Já do ponto de vista cultural, a decisão de 24 de Junho é o culminar de uma campanha de uma parte do partido republicano para ganhar os votos da comunidade evangélica – um enorme eleitorado que se politizou precisamente em torno do tema do aborto. Foi isso que fez Nixon mudar a sua posição sobre o aborto e foi isso que fez Trump prometer escolher a dedo os juízes para o Supremo. Com essa campanha, o partido conseguiu sedimentar o poder ao nível dos Estados.

Se olharmos para outro caso em curso, West Virginia vs EPA, este questiona a autoridade do governo federal para, a partir do poder executivo (e das suas agências, como a Agência para a Protecção do Ambiente), regulamentar emissões de gases com efeito de estufa no sector da energia.
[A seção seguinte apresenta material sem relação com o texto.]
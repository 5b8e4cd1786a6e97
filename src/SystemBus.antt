-- ===== src/SystemBus.antt =====
-- middleware/components/system_bus/system_bus.c and service/system_bus/system_bus_service.c: the bus
-- that distributes signals, forwards remote calls and takes back their returns. Segments, tasks,
-- blocks and the callers' `out` variables are addresses, 0 is NULL. An operation's result `none` is a
-- read or write through NULL or an uninitialised pointer. `block` is what `mblue_malloc` returns.
-- `_ASSERT` is empty in the release build.
pub mod Service
pub mod Return
pub mod Call
pub mod Signal
pub mod References
use mblue.Common.{
  ℕ, zero, suc, ◌+◌, ◌-◌, Bool, not, ◌&&◌, ◌||◌, Option, none, some, List, [], ◌∷◌, ◌++◌, ◌==◌,
  if◌then◌else◌, ltb, update,
}
use mblue.Errcode.{Errcode, ok, err_unknown, err_corrupt_mem}
use mblue.Message.Code.{get_type, get_major}
use mblue.Message.Pool.{
  Message, MessageList, write, get_ref, get_mblue_message, mblue_message_alloc,
  mblue_message_release,
}
use mblue.Task.{Task, pointer, template_msg_post, template_post}

-- enum MESSAGE_TYPE
abbrev pub subscribe : ℕ
subscribe = 0

abbrev pub signal : ℕ
signal = 1

abbrev pub sync_call : ℕ
sync_call = 2

abbrev pub async_call : ℕ
async_call = 3

abbrev pub call_return : ℕ
call_return = 4

-- enum MESSAGE_MAJOR
abbrev pub mblue_bus : ℕ
mblue_bus = 0

abbrev pub segment_major_max : ℕ
segment_major_max = 7

-- An entry of `_segment_node`; `none` is an access behind the end of the array.
unfoldable pub at_node {ℓ} : {A : Type ℓ} → ℕ → Option A → Option A
at_node major entry = if ltb major segment_major_max then entry else none

-- `block` is the address of the struct itself, `msg` a message pointer.
pub record PendingCall : Type 0 where
  pub block : ℕ
  pub msg : ℕ
  pub call_type : ℕ
  pub notifier : ℕ

-- `ms`, `publish_list` and `call_list` are the fields of `_segment_node`, by the major number; the
-- operations reach them through `at_node`, which has SEGMENT_MAJOR_MAX entries.
-- `get_context` is the task of a segment, `slots` the memory that `ipc_return` points to,
-- `notified` the calls of notifiers with their payloads, `freed` the blocks given back.
pub record Bus : Type 0 where
  pub pool : MessageList
  pub ms : ℕ → ℕ
  pub publish_list : ℕ → List ℕ
  pub call_list : ℕ → List PendingCall
  pub init_lock : ℕ
  pub get_context : ℕ → ℕ
  pub tasks : ℕ → Task
  pub slots : ℕ → ℕ
  pub notified : List (ℕ × ℕ)
  pub freed : List ℕ

abbrev pub message : Bus → ℕ → Message
message bus i = bus.pool.mblue_message_pool i

-- the loop of `bus_init`: the lists of the majors below `n`
unfoldable pub init_nodes : ℕ → Bus → Bus
init_nodes zero bus = bus
init_nodes (suc i) bus = init_nodes i (record bus {
  publish_list = update bus.publish_list i [];
  call_list = update bus.call_list i [];
})

unfoldable pub bus_init : Bus → Errcode × Bus
unfolding init_nodes
bus_init bus = (ok, record (init_nodes segment_major_max bus) { init_lock = 0 })

-- `none` is a caller that waits for the bus to come up, or a major number behind the array.
unfoldable pub bus_register : Bus → ℕ → ℕ → Option Bus
unfolding at_node
bus_register bus ms major =
    if major == mblue_bus
    then some (record bus { ms = update bus.ms major ms })
    else if bus.init_lock == 0
    then none
    else at_node major
        (some (record bus { init_lock = bus.init_lock - 1; ms = update bus.ms major ms }))

-- What is returned comes from a variable that the source does not initialise.
unfoldable pub bus_contex_notify : Bus → Bus
bus_contex_notify bus = record bus { init_lock = bus.init_lock + segment_major_max }

unfoldable pub bus_get_segment : Bus → ℕ → Option ℕ
unfolding at_node
bus_get_segment bus major = at_node major (some (bus.ms major))

unfoldable pub bus_subscribe : Bus → ℕ → ℕ → ℕ → Option (Errcode × Bus)
unfolding at_node
bus_subscribe bus block ms major =
    if block == 0
    then none
    else at_node major (
        some (
          ok,
          record bus {
            publish_list = update bus.publish_list major (bus.publish_list major ++ (ms ∷ []));
          },
        ))

-- `(dst->nproc)(dst, msg)`, whose result the bus does not read
unfoldable pub post_to : Bus → ℕ → ℕ → Bus
unfolding template_msg_post
post_to bus dst i = record bus {
  tasks = update bus.tasks dst (template_msg_post (bus.tasks dst) i).1;
}

unfoldable pub send_replica : Bus → ℕ → ℕ → Option Bus
unfolding mblue_message_alloc get_ref post_to
send_replica bus i ms =
    let (got, pool) = mblue_message_alloc bus.pool in
    elim got [
      | none ↦ none
      | some r ↦
          let replica = record (get_ref (pool.mblue_message_pool i)) { dst = ms } in
          some (post_to (record bus { pool = write pool r replica }) (bus.get_context ms) r)
    ]

-- One subscriber: what the loop of `bus_signal` does with it.
unfoldable pub signal_one : Bus → ℕ → ℕ → Option Bus
unfolding send_replica
signal_one bus i ms =
    let dst = bus.get_context ms in
    if (dst == 0) || not (bus.tasks dst).nproc then some bus else send_replica bus i ms

unfoldable pub signal_loop : ℕ → List ℕ → Errcode → Bus → Option (Errcode × Bus)
unfolding signal_one
signal_loop i [] rc bus = some (rc, bus)
signal_loop i (zero ∷ rest) rc bus = some (err_corrupt_mem, bus)
signal_loop i (suc ms ∷ rest) rc bus = elim (signal_one bus i (suc ms)) [
  | none ↦ none
  | some bus' ↦ signal_loop i rest ok bus'
]

unfoldable pub release : Bus → ℕ → Bus
unfolding mblue_message_release
release bus i = record bus { pool = mblue_message_release bus.pool i }

unfoldable pub bus_signal : Bus → ℕ → Option (Errcode × Bus)
unfolding signal_loop release at_node
bus_signal bus i =
    let major = get_major (message bus i).code in
    at_node major (elim (signal_loop i (bus.publish_list major) err_unknown bus) [
      | none ↦ none
      | some (rc, bus') ↦ some (rc, release bus' i)
    ])

-- The second half of `bus_call`; `call` is `none` where the source leaves it uninitialised.
unfoldable pub forward_call : Bus → ℕ → ℕ → Option ℕ → Option (Errcode × Bus)
unfolding post_to get_ref
forward_call bus i ms call =
    let dst = bus.get_context ms in
    if (bus.tasks dst).nproc
    then (let sent = write bus.pool i (record (get_ref (message bus i)) { dst = ms }) in
        some (ok, post_to (record bus { pool = sent }) dst i))
    else elim call [
      | none ↦ none
      | some block ↦ some (err_unknown, record bus { freed = bus.freed ++ (block ∷ []) })
    ]

-- `malloc`ed and linked; a field that the source does not set for its type is 0 here.
unfoldable pub link_call : Bus → ℕ → ℕ → ℕ → Bus
link_call bus block i union_info =
    let m = message bus i in
    let type = get_type m.code in
    let major = get_major m.code in
    let call : PendingCall = record {
      block = block;
      msg = pointer i;
      call_type = type;
      notifier = if type == async_call then union_info else 0;
    } in
    record bus {
      pool =
          if type == sync_call
          then write bus.pool i (record m { extra = union_info })
          else bus.pool;
      call_list = update bus.call_list major (bus.call_list major ++ (call ∷ []));
    }

-- `bus_call` with the segment at the node of the message's major number.
unfoldable pub call_segment : Bus → ℕ → ℕ → ℕ → ℕ → Option (Errcode × Bus)
unfolding forward_call link_call
call_segment bus block i union_info ms =
    let m = message bus i in
    if (ms == 0) || (bus.get_context ms == 0)
    then some (err_unknown, bus)
    else if (get_type m.code == async_call) && (union_info == 0)
    then forward_call bus i ms none
    else if block == 0
    then some (err_unknown, bus)
    else forward_call (link_call bus block i union_info) i ms (some block)

unfoldable pub bus_call : Bus → ℕ → ℕ → ℕ → Option (Errcode × Bus)
unfolding call_segment at_node
bus_call bus block i union_info =
    let major = get_major (message bus i).code in
    at_node major (call_segment bus block i union_info (bus.ms major))

-- How the loop of `bus_call_return` ends: `found` has the call and the list without it.
pub data Search : Type 0 where
  not_found : Search
  corrupt : Search
  found : PendingCall → List PendingCall → Search

unfoldable pub keep : PendingCall → Search → Search
keep call not_found = not_found
keep call corrupt = corrupt
keep call (found c left) = found c (call ∷ left)

unfoldable pub find_call : (ℕ → Message) → ℕ → List PendingCall → Search
unfolding keep
find_call pool seq [] = not_found
find_call pool seq (call ∷ rest) =
    let later = keep call (find_call pool seq rest) in
    if call.msg == 0
    then corrupt
    else if seq == (pool (call.msg - 1)).seq
    then found call rest
    else later

unfoldable pub post_return : Bus → ℕ → Bus
unfolding template_post
post_return bus task =
    if (bus.tasks task).tpost
    then record bus { tasks = update bus.tasks task (template_post (bus.tasks task)) }
    else bus

-- the `switch` of `bus_call_return`; `none` is a write through NULL or a call of it
unfoldable pub answer : Bus → PendingCall → Message → Option Bus
unfolding post_return
answer bus call dmsg =
    let smsg = message bus (call.msg - 1) in
    if call.call_type == sync_call
    then (if smsg.src == 0
        then some bus
        else if smsg.extra == 0
        then none
        else some (
            post_return (record bus { slots = update bus.slots smsg.extra dmsg.smart_payload })
              smsg.src))
    else if call.call_type == async_call
    then (if call.notifier == 0
        then none
        else some (record bus {
          notified = bus.notified ++ ((call.notifier, dmsg.smart_payload) ∷ []);
          freed = bus.freed ++ (call.notifier ∷ []);
        }))
    else some bus

unfoldable pub finish : Bus → ℕ → PendingCall → List PendingCall → Bus
unfolding release
finish bus major call left =
    let released = release bus (call.msg - 1) in
    record released {
      call_list = update released.call_list major left;
      freed = released.freed ++ (call.block ∷ []);
    }

-- The call that is found has been answered.
unfoldable pub finish_answered :
    ℕ → ℕ → PendingCall → List PendingCall → Option Bus → Option (Errcode × Bus)
unfolding finish release
finish_answered i major call left none = none
finish_answered i major call left (some answered) =
    some (ok, release (finish answered major call left) i)

unfoldable pub bus_call_return : Bus → ℕ → Option (Errcode × Bus)
unfolding find_call answer finish_answered release at_node
bus_call_return bus i =
    let dmsg = message bus i in
    let major = get_major dmsg.code in
    at_node major (elim (find_call bus.pool.mblue_message_pool dmsg.seq (bus.call_list major)) [
      | not_found ↦ some (err_unknown, release bus i)
      | corrupt ↦ some (err_corrupt_mem, release bus i)
      | found call left ↦ finish_answered i major call left (answer bus call dmsg)
    ])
Embora possa parecer não ter qualquer ligação com Roe vs Wade, o caso faz parte de uma estratégia mais alargada de deslocação do poder para o nível estadual. Actualmente, mais de 20 Estados têm maioria republicana nas duas câmaras e um governador republicano.

Esta é uma guerra de poder que, pelo menos aos olhos de uma europeia, tem vindo a dividir a sociedade dos Estados Unidos da América e que criou uma profunda crise social e política. Era Simone de Beauvoir que dizia que bastaria uma crise política, económica ou religiosa para que os direitos das mulheres fossem questionados. Et voilà!

Não se trata de proteger a vida, quando a vida das mulheres é posta em risco.

Não se trata de proteger os nascituros, quando não existem políticas que garantam equidade económica para as famílias mais pobres ou marginalizadas.

Não se trata de eliminar o aborto, uma vez que as mulheres continuarão a fazê-lo, arriscando a sua saúde e a sua vida – e, para isso, seria melhor e mais eficaz a contracepção masculina ou vasectomias.

Trata-se sim de controlar os corpos das mulheres e obrigá-las a transformar a sua vida para dar à luz. Uma das opiniões dissidentes do Supremo Tribunal resume o tema assim: um Estado pode transformar o que, quando feito em liberdade, é uma maravilha, em algo que, quando forçado, pode ser um pesadelo.

A liberdade sexual e reprodutiva das mulheres ameaça os alicerces patriarcais das sociedades em que vivemos, nos Estados Unidos ou em Portugal. E, por isso, o feminismo nunca deixará de fazer sentido, porque, como dizia Beauvoir, os nossos direitos não são permanentes; temos de nos manter vigilantes toda a vida.